Et après j’ai compris.

La rentrée de son fils s’est passée bof-bof, en raison de difficultés vis à vis de l’école qui pourrait ne pas l’accueillir toute la journée, et surtout … ma collègue s’est séparée de son mari il y a 6 mois, et cette rentrée a été une vraie claque pour elle de ce que cette séparation impliquait vraiment par rapport à son fils.

Evidemment suite à la séparation, ma collègue a dû trouver un autre appartement, déménager, s’organiser seule tous les jours tout en mettant en place les week-ends chez son père. Mais son fils est resté chez la même nounou, avec la même amplitude horaire, il n’y a pas eu de paperasse à remplir.

Cette rentrée change tout. Ma collègue se retrouve à devoir changer ses horaires de travail, inscrire son fils au périscolaire, se battre avec son ex pour obtenir des papiers dont elle a besoin pour leur enfant, etc…

Je crois qu’elle a réellement pris conscience surtout qu’elle était … toute seule. Pour s’occuper de son fils, pour gérer les petits et grands problèmes du quotidien, prier pour que l’école le prenne toute la journée sinon elle ne saura pas comment faire, prier pour qu’il ne tombe pas (trop) malade, devoir faire seule des choix importants pour l’avenir de son fils.

 

Seule. Seule. Seule. Seule.

Personne pour prendre le relais. Jamais. Personne pour soutenir quand on craque. Jamais.

 

C’est ça le véritable prix que ma mère a payé pour moi.

C’est vertigineux.

Discussion

10 Responses to “Elle élève un bébé toute seule”

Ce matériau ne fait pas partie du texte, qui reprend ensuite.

-- ===== src/Queue/Table.antt =====
-- infrastructure/persistence/models/scrape_queue.py and core/exceptions/repository.py: the rows of
-- scrape_queue, the statements that the repositories issue on them, and the errors they raise.
pub mod Order
pub mod Writes
pub mod Totals
use sport_crawl.Prelude.{
  ℕ, String, Bool, true, false, Option, none, some, List, [], ◌∷◌, leb, ◌==◌, if◌then◌else◌, map,
  length, select, head?, take,
}

pub data ScrapeStatus : Type 0 where
  pending in_progress done failed : ScrapeStatus

abbrev pub is_status : ScrapeStatus → ScrapeStatus → Bool
is_status pending pending = true
is_status in_progress in_progress = true
is_status done done = true
is_status failed failed = true
is_status _ _ = false

-- The columns that the code reads or writes; created_at and updated_at are the database's own.
pub record ScrapeQueue : Type 0 where
  pub id : ℕ
  pub url : String
  pub domain : String
  pub status : ScrapeStatus
  pub completed_at : Option ℕ
  pub error_message : Option String
  pub retry_count : ℕ
  pub locked_at : Option ℕ
  pub fk_url_registry_id : Option ℕ
  pub job_type : String
  pub fk_country : Option String

abbrev pub Table : Type 0
Table = List ScrapeQueue

pub data RepositoryError : Type 0 where
  failed_operation : String → RepositoryError
  not_found : String → ℕ → RepositoryError

pub data Outcome {ℓ} (A : Type ℓ) : Type ℓ where
  ok : A → Outcome A
  err : RepositoryError → Outcome A

-- What one transaction meets: whether its statements reach the database, the time, and the rows
-- that other transactions hold locked.
pub record Session : Type 0 where
  pub reachable : Bool
  pub now : ℕ
  pub locked : ℕ → Bool

-- An SQLAlchemyError inside the block becomes a RepositoryError, and the transaction leaves nothing.
abbrev pub repo_error_context {ℓ} :
    {A : Type ℓ} → String → Session → Table → Outcome A × Table → Outcome A × Table
repo_error_context operation session table body =
    if session.reachable then body else (err (failed_operation operation), table)

-- SELECT … WHERE id = i, through the session.
unfoldable pub find : ℕ → Table → Option ScrapeQueue
find i [] = none
find i (r ∷ rest) = if r.id == i then some r else find i rest

-- The flush of a changed row object.
unfoldable pub save : ScrapeQueue → Table → Table
save row [] = []
save row (r ∷ rest) = (if r.id == row.id then row else r) ∷ save row rest

-- UPDATE … SET change WHERE test.
unfoldable pub update_where : (ScrapeQueue → Bool) → (ScrapeQueue → ScrapeQueue) → Table → Table
update_where test change [] = []
update_where test change (r ∷ rest) =
    (if test r then change r else r) ∷ update_where test change rest

-- ORDER BY id.
unfoldable pub insert_by_id : ScrapeQueue → Table → Table
insert_by_id x [] = x ∷ []
insert_by_id x (r ∷ rest) = if leb x.id r.id then x ∷ r ∷ rest else r ∷ insert_by_id x rest

unfoldable pub order_by_id : Table → Table
order_by_id [] = []
order_by_id (r ∷ rest) = insert_by_id r (order_by_id rest)

-- SELECT … WHERE test ORDER BY id LIMIT 1.
abbrev pub first_row : (ScrapeQueue → Bool) → Table → Option ScrapeQueue
first_row test table = head? (take 1 (order_by_id (select test table)))

-- The number of rows that a WHERE clause meets.
abbrev pub count_where : (ScrapeQueue → Bool) → Table → ℕ
count_where test table = length (select test table)

abbrev pub ids : Table → List ℕ
ids = map (λ (r : ScrapeQueue). r.id)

  1. Voilà. T’es seule. Et quand ça va pas, que t’en peux plus, parce que tu es juste fatiguée ou parce qu’un enfant c’est pas que du bonheur et que parfois (souvent) t’as plutôt envie de le balancer par la fenêtre et bien, non, y’a personne. Pareil, c’est toi qui doit faire face seule à la maitresse quand l’enfant ne travaille pas (et plus tard à une foultitude de profs – mon dieu, comme j’ai hâte !)

    Et quand tes potes t’invites à une fête qui tombe le mauvais week end, ils ne comprennent pas que non, tu ne viendras pas parce que, même si tu peux emmener ton môme ou payer une baby sitter, c’est ta pomme qui va devoir assurer le lendemain à 6, 7 ou 8h suivant l’âge du troll.

    Posted by MaO | 6 septembre 2013, 07:47
  2. Faut pas non plus le dramatiser …
    J’ai fait ça avec quatre.
    Mes fils pleuraient tous les matins quand je les amenais à l’école mais le soir, quand j’arrivais ventre à terre pour n’être pas en retard à l’heure de les récupérer : ils me criaient : « va-t-en Maman, on n’a pas fini de jouer ! »
    Oui, la carrière en prend un coup. Mais finalement, c’était pareil lorsque j’étais avec mon ex. : il ne prenait strictement rien en charge, au contraire, il était une charge de plus.
    Je me suis sentie soulagée de cela. Leur père n’a eu qu’un droit de visite médiatisé qu’il n’a pas accepté. Donc, pas de pb de WE chez le père, mais gestion des dégâts d’une vie familiale dysfonctionnante et des dégâts d’une séparation brutale, même si elle a apporté un soulagement.

    A moment donné, j’ai fréquenté  » l’ECOLE DES PARENTS  » Association super bien, Bld Voltaire et ça m’a bien aidée.
    .
    Voilà, vite, trop vite, ils grandissent et participent : ils sont contents d’aller chercher le pain tous seuls, ils passent l’aspi, ils font les listes de courses, ils mettent le soir la table du p’tit déj’, ils prennent la parole au « conseil de guerre » [ Chaque semaine, le samedi matin, avant l’école, nous tenions ce Conseil au p’tit déj. : c’était l’occasion de dire chacun notre tour ce qui va et ce qui ne va pas et de lister et d’afficher ce que nous décidions de faire.] Eh bien toussa c’était bien sympa.
    Courage à elle.
    Plein de bises

    Posted by ladyapolline | 6 septembre 2013, 11:33
    • Loin de moi l’idée de dramatiser.
      Seulement dire qu’à un moment cette solitude face à tout tu te la manges en pleine face et tu dois apprendre à la digérer et à faire avec.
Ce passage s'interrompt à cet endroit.